> Records supplied
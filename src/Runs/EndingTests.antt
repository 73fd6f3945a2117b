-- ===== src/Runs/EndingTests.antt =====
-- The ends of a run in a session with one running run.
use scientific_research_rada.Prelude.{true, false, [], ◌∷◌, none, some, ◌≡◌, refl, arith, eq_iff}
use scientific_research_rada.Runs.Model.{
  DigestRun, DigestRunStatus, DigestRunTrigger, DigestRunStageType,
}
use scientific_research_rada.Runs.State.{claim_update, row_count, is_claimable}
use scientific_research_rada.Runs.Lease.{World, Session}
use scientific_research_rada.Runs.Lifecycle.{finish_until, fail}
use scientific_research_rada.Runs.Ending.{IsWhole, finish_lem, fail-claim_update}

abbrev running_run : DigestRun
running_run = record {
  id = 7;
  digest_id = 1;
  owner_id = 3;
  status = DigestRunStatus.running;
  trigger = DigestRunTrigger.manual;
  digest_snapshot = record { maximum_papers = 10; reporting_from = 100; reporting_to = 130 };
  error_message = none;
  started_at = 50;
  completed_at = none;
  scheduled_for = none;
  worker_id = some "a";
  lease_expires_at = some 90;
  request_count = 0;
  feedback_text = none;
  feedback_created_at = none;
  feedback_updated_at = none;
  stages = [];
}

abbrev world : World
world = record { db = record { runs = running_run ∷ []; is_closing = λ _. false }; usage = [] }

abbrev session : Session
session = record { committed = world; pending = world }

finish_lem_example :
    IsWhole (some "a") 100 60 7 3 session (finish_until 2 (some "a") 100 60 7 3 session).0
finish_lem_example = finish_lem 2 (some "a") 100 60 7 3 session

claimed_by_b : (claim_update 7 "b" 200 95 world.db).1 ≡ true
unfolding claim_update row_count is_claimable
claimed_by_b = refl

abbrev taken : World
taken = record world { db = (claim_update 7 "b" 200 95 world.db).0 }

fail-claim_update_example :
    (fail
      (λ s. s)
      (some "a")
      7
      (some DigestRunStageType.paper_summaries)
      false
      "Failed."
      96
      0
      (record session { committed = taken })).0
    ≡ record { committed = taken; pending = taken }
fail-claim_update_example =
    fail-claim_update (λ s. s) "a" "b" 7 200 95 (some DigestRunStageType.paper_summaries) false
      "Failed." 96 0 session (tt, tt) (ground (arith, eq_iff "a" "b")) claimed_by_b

--

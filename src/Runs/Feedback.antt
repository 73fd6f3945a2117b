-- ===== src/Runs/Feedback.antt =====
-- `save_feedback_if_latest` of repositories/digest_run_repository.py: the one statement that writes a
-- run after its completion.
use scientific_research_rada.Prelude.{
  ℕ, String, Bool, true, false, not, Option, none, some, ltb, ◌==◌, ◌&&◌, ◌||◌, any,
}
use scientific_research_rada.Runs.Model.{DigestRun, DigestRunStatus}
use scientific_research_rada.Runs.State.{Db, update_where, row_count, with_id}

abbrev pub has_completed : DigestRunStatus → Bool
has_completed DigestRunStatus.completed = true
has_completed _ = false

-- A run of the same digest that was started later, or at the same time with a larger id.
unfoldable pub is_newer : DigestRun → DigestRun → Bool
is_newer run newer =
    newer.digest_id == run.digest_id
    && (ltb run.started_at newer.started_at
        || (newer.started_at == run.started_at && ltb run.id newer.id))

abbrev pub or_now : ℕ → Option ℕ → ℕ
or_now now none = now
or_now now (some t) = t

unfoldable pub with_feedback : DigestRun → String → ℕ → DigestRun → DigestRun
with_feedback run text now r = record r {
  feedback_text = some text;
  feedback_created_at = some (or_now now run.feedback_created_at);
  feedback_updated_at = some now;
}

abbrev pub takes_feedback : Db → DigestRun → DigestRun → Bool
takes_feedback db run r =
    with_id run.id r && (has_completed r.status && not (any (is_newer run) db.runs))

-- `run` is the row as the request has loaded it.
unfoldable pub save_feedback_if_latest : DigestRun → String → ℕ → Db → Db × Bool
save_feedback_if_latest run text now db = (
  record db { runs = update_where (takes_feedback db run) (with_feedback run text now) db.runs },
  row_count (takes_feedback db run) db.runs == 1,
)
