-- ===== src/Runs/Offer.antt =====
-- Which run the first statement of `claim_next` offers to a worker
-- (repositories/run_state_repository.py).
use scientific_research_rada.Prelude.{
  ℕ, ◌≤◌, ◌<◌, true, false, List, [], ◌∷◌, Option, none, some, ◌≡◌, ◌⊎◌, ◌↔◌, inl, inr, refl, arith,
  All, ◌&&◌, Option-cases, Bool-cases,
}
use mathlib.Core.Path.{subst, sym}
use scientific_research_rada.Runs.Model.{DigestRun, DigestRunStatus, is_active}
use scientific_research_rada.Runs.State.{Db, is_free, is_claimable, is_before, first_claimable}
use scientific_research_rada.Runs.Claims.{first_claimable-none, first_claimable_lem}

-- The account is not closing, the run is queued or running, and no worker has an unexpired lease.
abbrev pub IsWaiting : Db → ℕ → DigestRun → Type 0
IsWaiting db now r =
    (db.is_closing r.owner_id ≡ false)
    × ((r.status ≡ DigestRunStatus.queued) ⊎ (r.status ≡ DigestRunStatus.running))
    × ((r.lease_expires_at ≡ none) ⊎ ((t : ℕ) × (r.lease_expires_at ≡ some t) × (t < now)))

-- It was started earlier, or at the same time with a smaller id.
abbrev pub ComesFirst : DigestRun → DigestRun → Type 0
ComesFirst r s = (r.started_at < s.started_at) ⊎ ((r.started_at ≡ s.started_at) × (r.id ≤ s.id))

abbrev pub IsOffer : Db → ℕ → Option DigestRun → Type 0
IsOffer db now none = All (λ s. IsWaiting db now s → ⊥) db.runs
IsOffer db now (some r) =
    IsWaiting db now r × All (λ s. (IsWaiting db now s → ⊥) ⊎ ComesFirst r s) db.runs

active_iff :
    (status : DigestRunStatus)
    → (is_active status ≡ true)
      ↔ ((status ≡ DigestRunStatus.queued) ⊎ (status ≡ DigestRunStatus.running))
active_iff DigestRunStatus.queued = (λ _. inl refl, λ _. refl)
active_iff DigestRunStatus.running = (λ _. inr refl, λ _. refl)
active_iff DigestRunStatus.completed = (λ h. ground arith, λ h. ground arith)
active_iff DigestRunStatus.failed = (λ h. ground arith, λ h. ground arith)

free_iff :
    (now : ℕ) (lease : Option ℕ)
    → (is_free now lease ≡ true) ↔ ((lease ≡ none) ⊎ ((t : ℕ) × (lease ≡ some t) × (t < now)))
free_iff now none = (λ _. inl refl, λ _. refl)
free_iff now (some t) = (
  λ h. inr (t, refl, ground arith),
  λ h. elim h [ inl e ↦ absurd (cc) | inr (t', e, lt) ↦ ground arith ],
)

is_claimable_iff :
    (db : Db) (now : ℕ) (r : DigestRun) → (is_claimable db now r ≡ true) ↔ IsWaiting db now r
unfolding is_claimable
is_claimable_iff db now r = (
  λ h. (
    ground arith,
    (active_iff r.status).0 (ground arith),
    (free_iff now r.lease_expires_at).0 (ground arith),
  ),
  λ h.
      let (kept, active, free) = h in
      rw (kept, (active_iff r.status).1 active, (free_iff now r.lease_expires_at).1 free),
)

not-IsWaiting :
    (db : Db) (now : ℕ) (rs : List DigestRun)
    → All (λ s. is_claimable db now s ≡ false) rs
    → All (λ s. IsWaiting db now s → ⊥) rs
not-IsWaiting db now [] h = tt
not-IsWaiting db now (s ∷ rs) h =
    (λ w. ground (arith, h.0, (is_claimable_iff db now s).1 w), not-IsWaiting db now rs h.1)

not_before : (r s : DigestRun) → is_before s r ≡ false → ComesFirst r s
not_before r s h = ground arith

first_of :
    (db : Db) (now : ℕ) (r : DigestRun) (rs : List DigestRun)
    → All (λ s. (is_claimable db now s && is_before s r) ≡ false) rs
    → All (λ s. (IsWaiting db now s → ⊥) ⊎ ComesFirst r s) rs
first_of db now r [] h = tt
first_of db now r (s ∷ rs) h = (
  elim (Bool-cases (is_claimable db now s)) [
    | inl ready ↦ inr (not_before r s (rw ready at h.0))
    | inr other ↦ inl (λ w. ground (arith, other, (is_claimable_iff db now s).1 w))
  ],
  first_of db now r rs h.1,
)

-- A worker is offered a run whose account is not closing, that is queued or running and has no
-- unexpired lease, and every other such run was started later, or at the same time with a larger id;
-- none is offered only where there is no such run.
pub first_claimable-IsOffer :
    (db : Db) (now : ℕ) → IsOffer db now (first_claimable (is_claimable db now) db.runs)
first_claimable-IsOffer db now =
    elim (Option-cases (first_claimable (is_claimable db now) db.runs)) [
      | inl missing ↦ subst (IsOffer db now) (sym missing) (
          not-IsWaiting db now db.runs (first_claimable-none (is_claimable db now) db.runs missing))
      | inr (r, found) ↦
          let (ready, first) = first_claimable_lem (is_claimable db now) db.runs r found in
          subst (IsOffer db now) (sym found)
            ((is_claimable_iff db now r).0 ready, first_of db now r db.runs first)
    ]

> Work to complete
Nothing but a number is expected here: the number of lines above that hold the word "committed".

> Solved problem
3